しかし、純武はテレビで流れた舞谷蓮子が、遠足に行った時まで同じ幼稚園に通っていた幼馴染であることを思い出したと皆に伝えた。しかも、例の記憶の叫び声を一緒に聞いた人間だという事も。
そうなってくると、7人は奇妙な感覚を感じずにはいられなかった。全員が同じテレビ番組を見て、全員が同時に涙を流し、その番組に純武が一緒に叫び声を聞いたという幼馴染が出ていた。何かが符合している訳では無い。だが、誰もが何かが符合している気がしてならなかった。
純武は、郡上市に行って舞谷蓮子と会って話がしたいと皆に話した。すると、他の6人も付いて行きたいと言った。
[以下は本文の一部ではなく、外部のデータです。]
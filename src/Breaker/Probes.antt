-- ===== src/Breaker/Probes.antt =====
-- crates/moaray/src/breaker.rs with the calls in flight: every call hands back the token that it
-- was admitted under, and only the holder of a probe token releases the probe slot
-- (`ProbeReleaseGuard` in crates/moaray/src/governed.rs). Calls interleave freely.
use moaray.Base.{ℕ, suc, ◌≤◌, ◌≡◌, refl, true, arith, if◌then◌else◌}
use moaray.Core.Error.{Error}
use moaray.Base.Result.{ok, err}
use moaray.Breaker.{
  half_open, Admission, normal, probe, Breaker, new, check_at, on_success_at, on_failure_at,
  release_probe,
}
use moaray.Config.Runtime.{BreakerConfig}

-- The breaker with the numbers of admitted calls that have not reported yet.
pub record System : Type 0 where
  pub breaker : Breaker
  pub normals : ℕ
  pub probes : ℕ

abbrev pub start : BreakerConfig → System
start cfg = record { breaker = new cfg; normals = 0; probes = 0 }

pub data Outcome : Type 0 where
  succeeded failed : Outcome

pub report : Breaker → Outcome → ℕ → Admission → Breaker
report b succeeded now a = on_success_at b now a
report b failed now a = on_failure_at b now a

pub data Step (s : System) : System → Type 0 where
  admit_normal :
      (now : ℕ) {b : Breaker}
      → check_at s.breaker now ≡ (b, ok normal)
      → Step s (record s { breaker = b; normals = suc s.normals })
  admit_probe :
      (now : ℕ) {b : Breaker}
      → check_at s.breaker now ≡ (b, ok probe)
      → Step s (record s { breaker = b; probes = suc s.probes })
  refuse :
      (now : ℕ) {b : Breaker} {e : Error}
      → check_at s.breaker now ≡ (b, err e)
      → Step s (record s { breaker = b })
  report_normal :
      (o : Outcome) (now n : ℕ)
      → s.normals ≡ suc n
      → Step s (record s { breaker = report s.breaker o now normal; normals = n })
  report_probe :
      (o : Outcome) (now n : ℕ)
      → s.probes ≡ suc n
      → Step s (record s { breaker = report s.breaker o now probe; probes = n })
  drop_normal : (n : ℕ) → s.normals ≡ suc n → Step s (record s { normals = n })
  drop_probe :
      (n : ℕ)
      → s.probes ≡ suc n
      → Step s (record s { breaker = release_probe s.breaker; probes = n })

pub data Reach (s : System) : System → Type 0 where
  here : Reach s s
  next : {t u : System} → Reach s t → Step t u → Reach s u

-- The slot is taken exactly while one probe is out, and then the breaker is half-open.
pub record IsExclusive (s : System) : Type 0 where
  pub slot : s.probes ≡ (if s.breaker.probe_in_flight then 1 else 0)
  pub only_half_open : s.breaker.probe_in_flight ≡ true → s.breaker.state ≡ half_open

pub Step-IsExclusive : {s t : System} → Step s t → IsExclusive s → IsExclusive t
unfolding report check_at on_success_at on_failure_at release_probe
Step-IsExclusive (admit_normal now e) v = ground arith
Step-IsExclusive (admit_probe now e) v = ground arith
Step-IsExclusive (refuse now e) v = ground arith
Step-IsExclusive (report_normal o now n e) v = ground arith
Step-IsExclusive (report_probe o now n e) v = ground arith
Step-IsExclusive (drop_normal n e) v = ground arith
Step-IsExclusive (drop_probe n e) v = ground arith

Reach-IsExclusive : {s t : System} → Reach s t → IsExclusive s → IsExclusive t
Reach-IsExclusive here v = v
Reach-IsExclusive (next r st) v = Step-IsExclusive st (Reach-IsExclusive r v)

-- In every interleaving of calls on a new breaker at most one probe is out, and while one is out
-- the breaker is half-open with its slot taken.
pub single_probe :
    (cfg : BreakerConfig) (s : System)
    → Reach (start cfg) s
    → (s.probes ≤ 1)
      × (1 ≤ s.probes → (s.breaker.state ≡ half_open) × (s.breaker.probe_in_flight ≡ true))
unfolding new
single_probe cfg s r =
    ground (arith, Reach-IsExclusive r (record { slot = refl; only_half_open = λ e. cc }))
その後、明日の朝に一宮駅に集合することに決まった。今日のところは解散しようということになったが、菜々子は「私はまだ瑠璃ちゃんと話がしたい」と言ったので、純武は先に聖真と2人で帰ることにした。
大方、聖真に聞いた瑠璃の作ったAIのチコパフと話がしたいのだろうと純武は思った。